Saved entries:

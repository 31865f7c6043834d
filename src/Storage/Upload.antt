-- ===== src/Storage/Upload.antt =====
-- internal/storage/service.go: `CreateUpload`, `UploadPart` and `CompleteUpload`. The random ids
-- that a call draws are its first arguments.
use gha_cache_server.Base.{ℕ, not, Option, none, some, ◌==◌, if◌then◌else◌, Bytes}
use gha_cache_server.Base.Int.{ℤ}
use gha_cache_server.Base.Decimal.{format_int}
use gha_cache_server.Action.{
  Error, insert_upload_failed, count_parts_failed, no_parts, not_all_parts, part_count_mismatch,
  Action, pure, fail, wrap, attempt, if_nil, ◌>>=◌, ◌>>◌,
}
use gha_cache_server.Db.Models.{CacheEntry, StorageLocation, Upload}
use gha_cache_server.Db.Queries.{
  insert_upload, find_upload_by_key, find_upload_by_id, inc_started_part_count,
  inc_finished_part_count, delete_upload, insert_storage_location, delete_storage_location,
  insert_cache_entry, update_cache_entry_location, find_existing_cache_entry_with_location,
}
use gha_cache_server.Storage.Adapter.{Stream, Adapter}
use gha_cache_server.Storage.World.{World, query, storing, now, parts_folder, part_name}

abbrev pub new_upload : ℤ → Bytes → Bytes → Bytes → Bytes → ℕ → Upload
new_upload id key version scope repo_id t = record {
  id = id;
  key = key;
  version = version;
  scope = scope;
  repo_id = repo_id;
  created_at = t;
  last_part_uploaded_at = none;
  started_part_upload_count = 0;
  finished_part_upload_count = 0;
  folder_name = format_int id;
}

abbrev pub new_location : Bytes → Bytes → ℕ → StorageLocation
new_location id folder_name part_count = record {
  id = id;
  folder_name = folder_name;
  part_count = part_count;
  merge_started_at = none;
  merged_at = none;
  parts_deleted_at = none;
  last_downloaded_at = none;
}

abbrev pub new_entry : Bytes → Bytes → Bytes → Bytes → Bytes → ℕ → Bytes → CacheEntry
new_entry id key version scope repo_id t location_id = record {
  id = id;
  key = key;
  version = version;
  scope = scope;
  repo_id = repo_id;
  updated_at = t;
  location_id = location_id;
}

module _ {S : Type 0} where
  -- `CreateUpload`; `none` if an upload for the key is in progress.
  unfoldable pub create_upload :
      ℤ → Bytes → Bytes → Bytes → Bytes → Action (World S) (Option Upload)
  create_upload id key version scope repo_id = do
    existing ← query (find_upload_by_key key version scope repo_id)
    if_nil existing
        (do
          t ← now
          let u = new_upload id key version scope repo_id t
          wrap insert_upload_failed (query (insert_upload u))
          pure (some u))
        λ u. pure none

module _ {S : Type 0} (adapter : Adapter S) where
  -- `UploadPart`; an unknown upload is no error.
  unfoldable pub upload_part : ℤ → ℤ → Stream → Action (World S) (Unit {0})
  upload_part upload_id part_index body = do
    found ← query (find_upload_by_id upload_id)
    if_nil found (pure tt) λ u. do
      query (inc_started_part_count upload_id)
      storing (adapter.upload_stream (part_name u.folder_name part_index) body)
      t ← now
      query (inc_finished_part_count upload_id t)

  -- The upload is dropped, whether or not the statement fails, and the call returns the error.
  unfoldable pub reject : Upload → Error → Action (World S) ℕ
  reject u e = do attempt (query (delete_upload u.id)); fail e

  -- The tests of `CompleteUpload`, with the number of parts.
  unfoldable pub check_parts : Upload → Action (World S) ℕ
  check_parts u =
      if u.finished_part_upload_count == 0
      then reject u no_parts
      else if not (u.started_part_upload_count == u.finished_part_upload_count)
      then reject u (not_all_parts u.finished_part_upload_count u.started_part_upload_count)
      else do
        part_count ←
            wrap count_parts_failed
              (storing (adapter.count_files_in_folder (parts_folder u.folder_name)))
        if not (part_count == u.finished_part_upload_count)
            then reject u (part_count_mismatch u.finished_part_upload_count part_count)
            else pure part_count

  -- The entry of the key is moved to the new location and its old location goes, or the entry is
  -- new.
  unfoldable pub publish :
      Bytes → Bytes → Bytes → Bytes → Bytes → Bytes → Action (World S) (Unit {0})
  publish loc_id entry_id key version scope repo_id = do
    existing ← query (find_existing_cache_entry_with_location key version scope repo_id)
    t ← now
    if_nil existing
        (query (insert_cache_entry (new_entry entry_id key version scope repo_id t loc_id)))
        λ r. do
          query (update_cache_entry_location r.0.id loc_id t)
          query (delete_storage_location r.1.id)
          storing (adapter.delete_folder r.1.folder_name)

  -- `CompleteUpload`; `none` if no upload for the key is in progress.
  unfoldable pub complete_upload :
      Bytes → Bytes → Bytes → Bytes → Bytes → Bytes → Action (World S) (Option Upload)
  complete_upload loc_id entry_id key version scope repo_id = do
    found ← query (find_upload_by_key key version scope repo_id)
    if_nil found (pure none) λ u. do
      part_count ← check_parts u
      query (insert_storage_location (new_location loc_id u.folder_name part_count))
      publish loc_id entry_id key version scope repo_id
      query (delete_upload u.id)
      pure (some u)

Your objective: From the first line of the entries above to the line with "ℤ → Bytes → Bytes → Bytes → Bytes → Action", please return every line exactly, keeping both ends.

Exercise output:
repository 31865f7c6043834d
filename src/Storage/Upload.antt
-- ===== src/Storage/Upload.antt =====
-- internal/storage/service.go: `CreateUpload`, `UploadPart` and `CompleteUpload`. The random ids
-- that a call draws are its first arguments.
use gha_cache_server.Base.{ℕ, not, Option, none, some, ◌==◌, if◌then◌else◌, Bytes}
use gha_cache_server.Base.Int.{ℤ}
use gha_cache_server.Base.Decimal.{format_int}
use gha_cache_server.Action.{
  Error, insert_upload_failed, count_parts_failed, no_parts, not_all_parts, part_count_mismatch,
  Action, pure, fail, wrap, attempt, if_nil, ◌>>=◌, ◌>>◌,
}
use gha_cache_server.Db.Models.{CacheEntry, StorageLocation, Upload}
use gha_cache_server.Db.Queries.{
  insert_upload, find_upload_by_key, find_upload_by_id, inc_started_part_count,
  inc_finished_part_count, delete_upload, insert_storage_location, delete_storage_location,
  insert_cache_entry, update_cache_entry_location, find_existing_cache_entry_with_location,
}
use gha_cache_server.Storage.Adapter.{Stream, Adapter}
use gha_cache_server.Storage.World.{World, query, storing, now, parts_folder, part_name}

abbrev pub new_upload : ℤ → Bytes → Bytes → Bytes → Bytes → ℕ → Upload
new_upload id key version scope repo_id t = record {
  id = id;
  key = key;
  version = version;
  scope = scope;
  repo_id = repo_id;
  created_at = t;
  last_part_uploaded_at = none;
  started_part_upload_count = 0;
  finished_part_upload_count = 0;
  folder_name = format_int id;
}

abbrev pub new_location : Bytes → Bytes → ℕ → StorageLocation
new_location id folder_name part_count = record {
  id = id;
  folder_name = folder_name;
  part_count = part_count;
  merge_started_at = none;
  merged_at = none;
  parts_deleted_at = none;
  last_downloaded_at = none;
}

abbrev pub new_entry : Bytes → Bytes → Bytes → Bytes → Bytes → ℕ → Bytes → CacheEntry
new_entry id key version scope repo_id t location_id = record {
  id = id;
  key = key;
  version = version;
  scope = scope;
  repo_id = repo_id;
  updated_at = t;
  location_id = location_id;
}

module _ {S : Type 0} where
  -- `CreateUpload`; `none` if an upload for the key is in progress.
  unfoldable pub create_upload :
      ℤ → Bytes → Bytes → Bytes → Bytes → Action (World S) (Option Upload)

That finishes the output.